Expats in Russia topped the list for the second consecutive year with 36 percent reporting earnings of more than $250,000 a year — compared with 62 percent of expats in Spain earning below $60,000.

HSBC spokeswoman Lisa Wood said the survey, conducted by research company GfK, showed the wealth gap was widening between the East and West, with expats in emerging economies leaving their counterparts in the euro zone behind.

"The BRIC economies have fared well over the last year, and as a result, we've seen that these expat locations are particularly strong when it comes to expat finances," Wood said in a statement, referring to Brazil, Russia, India and China. "Euro-zone countries were the worst-performing when looking at purely financial criteria, and subsequently, all featured in the bottom quartile of our league table."

Wood added that it was not surprising that ongoing volatility in the euro-zone region was a major contributor to this and was driving expats to seek jobs in countries with higher salaries.
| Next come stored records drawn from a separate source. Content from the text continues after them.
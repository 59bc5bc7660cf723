-- ===== src/Tcp/Calls.antt =====
-- kernel/net/tcp.c: the calls of the socket layer. What the other processes and the network do while
-- a process sleeps is a function on the state, one for each sleep.
use hobbyos.Base.{
  ℕ, zero, suc, ◌+◌, ◌*◌, ◌-◌, ◌%◌, ◌^◌, ◌&&◌, ◌||◌, Bool, false, Option, none, some, List, [], ◌∷◌,
  ◌++◌, ltb, ◌==◌, not, if◌then◌else◌, length, take, drop, get_or,
}
use hobbyos.Process.{ProcessState, Kernel}
use hobbyos.Sched.{schedule, set_state}
use hobbyos.Signal.{signal_has_fatal}
use hobbyos.Ring.{copy_out}
use hobbyos.Tcp.{
  Tcp, Conn, TcpState, conn, set_conn, is_listen, is_established, is_closed, is_close_wait, tcp_syn,
  tcp_fin_ack, tcp_ack_psh, tcp_rx_buf_size, tcp_accept_queue, tcp_send_segment, tcp_get_conn,
}

abbrev pub Others : Type 0
Others = Tcp → Tcp

-- `cur->state = PROCESS_BLOCKED; schedule()`
unfoldable pub give_way : Option ℕ → Kernel → Kernel
give_way none k = schedule k
give_way (some c) k = schedule (set_state c ProcessState.blocked k)

abbrev pub block : Tcp → Tcp
block n = record n { kernel = give_way n.kernel.current n.kernel }

abbrev pub open_conn : ℕ → ℕ → ℕ → Tcp → Conn → Conn
open_conn dst_ip dst_port src_port n c =
    let isn = (n.ticks * 54321 + 1) % 2 ^ 32 in
    record c {
      local_ip = n.ip;
      local_port = src_port;
      remote_ip = dst_ip;
      remote_port = dst_port;
      snd_nxt = isn;
      snd_una = isn;
      state = TcpState.syn_sent;
    }

-- True is the answer 0, false is -1.
unfoldable pub tcp_connect : Others → ℕ → ℕ → ℕ → ℕ → Tcp → Bool × Tcp
unfolding give_way
tcp_connect others i dst_ip dst_port src_port n =
    let n1 = tcp_send_segment i tcp_syn [] (set_conn i (open_conn dst_ip dst_port src_port n) n) in
    let n2 = set_conn i (λ c. record c { blocked_writer = n1.kernel.current }) n1 in
    let n3 = others (block n2) in (is_established (conn n3 i).state, n3)

unfoldable pub tcp_listen : ℕ → ℕ → Tcp → Tcp
tcp_listen i port n =
    set_conn i
      (λ c. record c {
        local_ip = n.ip;
        local_port = port;
        state = TcpState.listen;
        accept_head = 0;
        accept_tail = 0;
        accept_count = 0;
      })
      n

-- The ends of a call that may sleep: -1, an answer, or that it sleeps once more.
pub data Outcome {ℓ} (A : Type ℓ) : Type ℓ where
  failed : Tcp → Outcome A
  returned : A → Tcp → Outcome A
  asleep : Tcp → Outcome A

unfoldable pub accept_first : ℕ → Tcp → ℕ × Tcp
accept_first i n = (
  get_or (conn n i).accept_queue (conn n i).accept_head 0,
  set_conn i
      (λ c. record c {
        accept_head = (c.accept_head + 1) % tcp_accept_queue;
        accept_count = c.accept_count - 1;
      })
      n,
)

abbrev pub sleep_accepter : ℕ → Tcp → Tcp
sleep_accepter i n = block (set_conn i (λ c. record c { blocked_accepter = n.kernel.current }) n)

abbrev pub ended {ℓ} : {A : Type ℓ} → A × Tcp → Outcome A
ended r = Outcome.returned r.0 r.1

-- The loop `while (c->accept_count == 0)`, and what follows it.
unfoldable pub accept_loop : List Others → ℕ → Tcp → Outcome ℕ
unfolding accept_first give_way
accept_loop [] i n =
    if (conn n i).accept_count == 0
    then if signal_has_fatal n.kernel.current n.kernel
      then Outcome.failed n
      else Outcome.asleep (sleep_accepter i n)
    else ended (accept_first i n)
accept_loop (others ∷ es) i n =
    let again = accept_loop es i (others (sleep_accepter i n)) in
    if (conn n i).accept_count == 0
    then if signal_has_fatal n.kernel.current n.kernel then Outcome.failed n else again
    else ended (accept_first i n)

unfoldable pub tcp_accept : List Others → ℕ → Tcp → Outcome ℕ
unfolding accept_loop
tcp_accept es i n = if is_listen (conn n i).state then accept_loop es i n else Outcome.failed n

-- One chunk is kept for a retransmission, and sent.
unfoldable pub send_chunk : ℕ → List ℕ → Tcp → Tcp
send_chunk i chunk n = tcp_send_segment i tcp_ack_psh chunk (
    set_conn i
      (λ c. record c {
        retransmit_seq = c.snd_nxt;
        retransmit_data = chunk ++ drop (length chunk) c.retransmit_data;
        retransmit_len = length chunk;
        retransmit_timer = 50;
        retransmit_count = 0;
      })
      n)

-- `while (sent < len)`, on the bytes that are left. Every turn sends at least one, so that their
-- number is enough fuel.
unfoldable pub send_loop : ℕ → ℕ → List ℕ → Tcp → Tcp
unfolding send_chunk
send_loop zero i left n = n
send_loop (suc fuel) i [] n = n
send_loop (suc fuel) i (b ∷ bs) n =
    send_loop fuel i (drop 1460 (b ∷ bs)) (send_chunk i (take 1460 (b ∷ bs)) n)

-- `(int)-1`
abbrev pub send_failed : ℕ
send_failed = 2 ^ 32 - 1

-- The number of bytes sent, or -1, as the word of 32 bits that an `int` is.
unfoldable pub tcp_send : ℕ → List ℕ → Tcp → ℕ × Tcp
unfolding send_loop
tcp_send i bytes n =
    if is_established (conn n i).state || is_close_wait (conn n i).state
    then (length bytes % 2 ^ 32, send_loop (length bytes) i bytes n)
    else (send_failed, n)

abbrev pub sleep_reader : ℕ → Tcp → Tcp
sleep_reader i n = block (set_conn i (λ c. record c { blocked_reader = n.kernel.current }) n)

-- From the test `if (c->rx_count == 0)` on.
unfoldable pub recv_now : ℕ → ℕ → Tcp → List ℕ × Tcp
recv_now i len n =
    let c = conn n i in
    let wanted = if ltb len c.rx_count then len else c.rx_count in
    let (out, pos) = copy_out tcp_rx_buf_size c.rx_buf c.rx_read_pos wanted in
    if c.rx_count == 0
    then ([], n)
    else (out, set_conn i (λ c. record c { rx_read_pos = pos; rx_count = c.rx_count - wanted }) n)

-- Nothing to read, and more may come.
abbrev pub must_wait : Conn → Bool
must_wait c =
    (c.rx_count == 0) && not c.eof && not (is_closed c.state) && not (is_close_wait c.state)

unfoldable pub recv_loop : List Others → ℕ → ℕ → Tcp → Outcome (List ℕ)
unfolding recv_now give_way
recv_loop [] i len n =
    if must_wait (conn n i)
    then if signal_has_fatal n.kernel.current n.kernel
      then Outcome.failed n
      else Outcome.asleep (sleep_reader i n)
    else ended (recv_now i len n)
recv_loop (others ∷ es) i len n =
    let again = recv_loop es i len (others (sleep_reader i n)) in
    if must_wait (conn n i)
    then if signal_has_fatal n.kernel.current n.kernel then Outcome.failed n else again
    else ended (recv_now i len n)

unfoldable pub tcp_recv : List Others → ℕ → ℕ → Tcp → Outcome (List ℕ)
unfolding recv_loop
tcp_recv es i len n = recv_loop es i len n

unfoldable pub close_as : TcpState → ℕ → Tcp → Tcp
close_as TcpState.established i n =
    tcp_send_segment i tcp_fin_ack [] (set_conn i (λ c. record c { state = TcpState.fin_wait_1 }) n)
close_as TcpState.close_wait i n =
    tcp_send_segment i tcp_fin_ack [] (set_conn i (λ c. record c { state = TcpState.last_ack }) n)
close_as TcpState.listen i n =
    set_conn i (λ c. record c { state = TcpState.closed; in_use = false }) n
close_as TcpState.syn_sent i n =
    set_conn i (λ c. record c { state = TcpState.closed; in_use = false }) n
close_as _ i n = n

unfoldable pub tcp_close : ℕ → Tcp → Tcp
unfolding close_as
tcp_close i n = close_as (conn n i).state i n

-- The three tests, false for a connection that is not there.
unfoldable pub readable_at : Option ℕ → Tcp → Bool
readable_at none n = false
readable_at (some i) n = let c = conn n i in ltb 0 c.rx_count || c.eof || is_closed c.state

unfoldable pub tcp_conn_readable : ℕ → Tcp → Bool
unfolding readable_at tcp_get_conn
tcp_conn_readable i n = readable_at (tcp_get_conn i n) n

unfoldable pub writable_at : Option ℕ → Tcp → Bool
writable_at none n = false
writable_at (some i) n = is_established (conn n i).state

unfoldable pub tcp_conn_writable : ℕ → Tcp → Bool
unfolding writable_at tcp_get_conn
tcp_conn_writable i n = writable_at (tcp_get_conn i n) n

unfoldable pub acceptable_at : Option ℕ → Tcp → Bool
acceptable_at none n = false
acceptable_at (some i) n = is_listen (conn n i).state && ltb 0 (conn n i).accept_count

unfoldable pub tcp_conn_acceptable : ℕ → Tcp → Bool
unfolding acceptable_at tcp_get_conn
tcp_conn_acceptable i n = acceptable_at (tcp_get_conn i n) n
The Expat Economic survey, part of HSBC's Expat Explorer Survey of 4,100 expats from 100 countries, ranked 25 countries on scores linked to annual income, monthly disposable income and a measure of defined luxuries.

When it came to salaries, the survey found that about 13 percent of expats globally earned $250,000 a year or more.

Russia topped this table, followed by Singapore and Bermuda with 32 percent and 27 percent of expats, respectively, earning this amount.

Continental Europe took the lowest positions on the table.

While only one-quarter of global expats on average earn less than $60,000, the survey found that 62 percent of expats living in Spain earn below that amount, as well as 47 percent of expats in France and the Netherlands, and 45 percent in Germany.

But Wood said this could largely be explained by the high number of expats who choose to retire in mainland Europe.

One in five expats say they are able to pay off debt while working abroad, but workers in Britain and Australia are most likely to be accumulating more debt, at 11 percent and 9 percent, respectively.